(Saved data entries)
________________

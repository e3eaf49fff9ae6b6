-- ===== src/Messages/Reading.antt =====
-- `messages_read` of common/handlers/messages.c on the frames of the wire format.
use jm_bus.Common.{
  ℕ, ◌+◌, ◌/◌, ◌%◌, ◌^◌, ◌<◌, ◌≡◌, refl, sym, ap, ◌∙◌, false, ◌&&◌, not, Option, none, some, List,
  [], ◌∷◌, ◌++◌, length, drop, arith, leb, ◌==◌, append_assoc, length-append, ok, Returns,
  take_exact, drop_exact, pure, if◌then◌else◌, Cmd,
}
use jm_bus.Cstd.{Array, ArrayLib, Plenty, len, fresh}
use jm_bus.Cstd.Loops.{init-fresh}
use jm_bus.Bytes.{u64, convert_n_utf8_to_64bit, read_byte_array}
use jm_bus.Bytes.Lengths.{le32, convert-from_le32}
use jm_bus.Bytes.Copies.{read_byte_array-take}
use jm_bus.Messages.{Message, Slot, held, read_length, read_body, read_topic, messages_read}
use jm_bus.Messages.Frames.{part, frame, length-frame}

-- The message that a frame stands for; its arrays are as `X_array_init` made them.
pub record Decodes (m : Message) (t : ℕ) (topic body : List ℕ) : Type 0 where
  pub topic_array : Array ℕ
  pub body_array : Array ℕ
  pub topic_held : m.topic ≡ held topic_array
  pub body_held : m.body ≡ held body_array
  pub topic_read : topic_array.items ≡ topic
  pub body_read : body_array.items ≡ body
  pub topic_start : topic_array.offset ≡ 0
  pub body_start : body_array.offset ≡ 0
  pub typed : m.type ≡ t

module _ {W : Type 0} where
  pub read_length_lem :
      (a : Array ℕ) (at n : ℕ) (rest : List ℕ) (w : W)
      → drop at a.items ≡ le32 n ++ rest
      → n < 2 ^ 31
      → read_length a at w ≡ ok n w
  unfolding read_length
  read_length_lem a at n rest w here small = rw (decoded, read_length) refl
    where
      bytes : convert_n_utf8_to_64bit (le32 n ++ rest) 4 ≡ some n
      bytes =
          convert-from_le32 (n % 256) (n / 256 % 256) (n / 2 ^ 16 % 256) (n / 2 ^ 24 % 256) rest
            (omega arith) (omega arith) (omega arith) (omega arith)
          ∙ ap some (omega arith)

      decoded : convert_n_utf8_to_64bit (drop at a.items) 4 ≡ some n
      decoded = ap (λ l. convert_n_utf8_to_64bit l 4) here ∙ bytes

module _ {W : Type 0} (lib : ArrayLib W) (plenty : Plenty lib) where
  -- The bytes that `read_byte_array` copies to a new array of the size of what stands there.
  pub read_bytes :
      (bytes rest : List ℕ) (w : W)
      → Returns
          (read_byte_array lib (bytes ++ rest) (fresh (length bytes)) w)
          λ b _. (b.items ≡ bytes) × (b.offset ≡ 0)
  read_bytes bytes rest w =
      let (b, w', run, (copied, based)) =
        read_byte_array-take lib plenty (bytes ++ rest) (fresh (length bytes)) w refl
          (omega (arith, length-append bytes rest)) in
      (b, w', run, (copied ∙ take_exact bytes rest (length bytes) refl, based))

  read_body_bytes :
      (bytes rest : List ℕ) (w : W)
      → Returns
          ((if length bytes == 0
              then pure (fresh (length bytes))
              else read_byte_array lib (bytes ++ rest) (fresh (length bytes)))
            w)
          λ b _. (b.items ≡ bytes) × (b.offset ≡ 0)
  read_body_bytes [] rest w = (fresh 0, w, refl, (refl, refl))
  read_body_bytes (x ∷ xs) rest w =
      let (b, w', run, h) = read_bytes (x ∷ xs) rest w in
      let full : (length (x ∷ xs) == 0) ≡ false = ground arith in (b, w', rw full run, h)

  pub read_body_lem :
      (a : Array ℕ) (front body rest : List ℕ) (local : Message) (n at : ℕ) (w : W)
      → a.items ≡ front ++ (part body ++ rest)
      → at ≡ length front
      → length body < 2 ^ 31
      → len a < 2 ^ 64
      → Returns (read_body lib a local n at w) λ r _.
        (b : Array ℕ) × (r ≡ (at + 4 + length body, some (record local { body = held b })))
        × (b.items ≡ body)
        × (b.offset ≡ 0)
  unfolding read_body
  read_body_lem a front body rest local n at w items here small few =
      let size : len a ≡ at + 4 + length body + length rest = omega (
        arith,
        ap length items,
        here,
        length-append front (part body ++ rest),
        length-append body rest,
      ) in
      let at_length : drop at a.items ≡ le32 (length body) ++ (body ++ rest) =
        ap (drop at) items ∙ drop_exact front _ at here in
      let at_body : drop (at + 4) a.items ≡ body ++ rest =
        ap (drop (at + 4)) (items ∙ sym (append_assoc front (le32 (length body)) (body ++ rest)))
        ∙ drop_exact (front ++ le32 (length body)) (body ++ rest) (at + 4)
            (omega (arith, length-append front (le32 (length body)))) in
      let w₁ = (lib.init {A = ℕ} (length body) w).1 in
      let (b, w₂, run, (bytes, start)) = read_body_bytes body rest w₁ in
      let roomy : leb (len a) (at + 3) ≡ false = ground arith in
      let whole : (leb (len a) (at + 4) && not (length body == 0)) ≡ false = ground arith in
      let sum : u64 (at + 4 + length body) ≡ at + 4 + length body = omega arith in
      (
        (at + 4 + length body, some (record local { body = held b })),
        w₂,
        rw
            (
              roomy,
              read_length_lem a at (length body) (body ++ rest) w at_length small,
              init-fresh lib plenty (length body) w,
              whole,
              at_body,
              run,
              sum,
            )
            refl,
        (b, refl, bytes, start),
      )

  pub messages_read-cons :
      (a : Array ℕ) (t : ℕ) (l : List ℕ) (w : W)
      → a.items ≡ t ∷ l
      → messages_read lib a w ≡ read_topic lib a t w
  unfolding messages_read
  messages_read-cons a t l w items = ap (λ l. first l w) items
    where
      first : List ℕ → Cmd W (ℕ × Option Message)
      first k = elim k [ [] ↦ pure (0, none) | type ∷ _ ↦ read_topic lib a type ]

  -- While memory lasts, `messages_read` of a frame whose topic and body are below 2^31 bytes, in a
  -- buffer below 2^64 bytes and whatever follows it there, returns the frame's length and its
  -- message.
  pub messages_read-frame :
      (a : Array ℕ) (t : ℕ) (topic body rest : List ℕ) (w : W)
      → a.items ≡ frame t topic body ++ rest
      → length topic < 2 ^ 31
      → length body < 2 ^ 31
      → len a < 2 ^ 64
      → Returns (messages_read lib a w) λ r _.
        (m : Message) × (r ≡ (length (frame t topic body), some m)) × Decodes m t topic body
  unfolding read_topic
  messages_read-frame a t topic body rest w items small_topic small_body few =
      let n = length topic in
      let size : len a ≡ 9 + n + length body + length rest = omega (
        arith,
        ap length items,
        length-append (frame t topic body) rest,
        length-frame t topic body,
      ) in
      let split : a.items ≡ (t ∷ part topic) ++ (part body ++ rest) =
        items ∙ append_assoc (t ∷ part topic) (part body) rest in
      let at_length : drop 1 a.items ≡ le32 n ++ (topic ++ (part body ++ rest)) =
        ap (drop 1) split in
      let at_topic : drop 5 a.items ≡ topic ++ (part body ++ rest) = ap (drop 5) split in
      let w₁ = (lib.init {A = ℕ} n w).1 in
      let (b, w₂, run, (bytes, start)) = read_bytes topic (part body ++ rest) w₁ in
      let local : Message = record { topic = held b; body = Slot.unset; type = t } in
      let (r, w₃, run₂, (c, e, bytes₂, start₂)) =
        read_body_lem a (t ∷ part topic) body rest local n (5 + n) w₂ split (omega arith) small_body
          few in
      let roomy : leb (len a) 4 ≡ false = ground arith in
      let more : leb (len a) 5 ≡ false = ground arith in
      let sum : u64 (5 + n) ≡ 5 + n = omega arith in
      (
        r,
        w₃,
        messages_read-cons a t _ w split
            ∙ rw
                (
                  roomy,
                  read_length_lem a 1 n (topic ++ (part body ++ rest)) w at_length small_topic,
                  init-fresh lib plenty n w,
                  more,
                  at_topic,
                  run,
                  sum,
                )
                run₂,
        (
          record local { body = held c },
          e
              ∙ ap (λ k. (k, some (record local { body = held c })))
                  (omega (arith, length-frame t topic body)),
          record {
            topic_array = b;
            body_array = c;
            topic_held = refl;
            body_held = refl;
            topic_read = bytes;
            body_read = bytes₂;
            topic_start = start;
            body_start = start₂;
            typed = refl;
          },
        ),
      )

________________

Nothing but a number should be given: the count of lines in the entries that contain the word "part".

(Solution to this problem) 10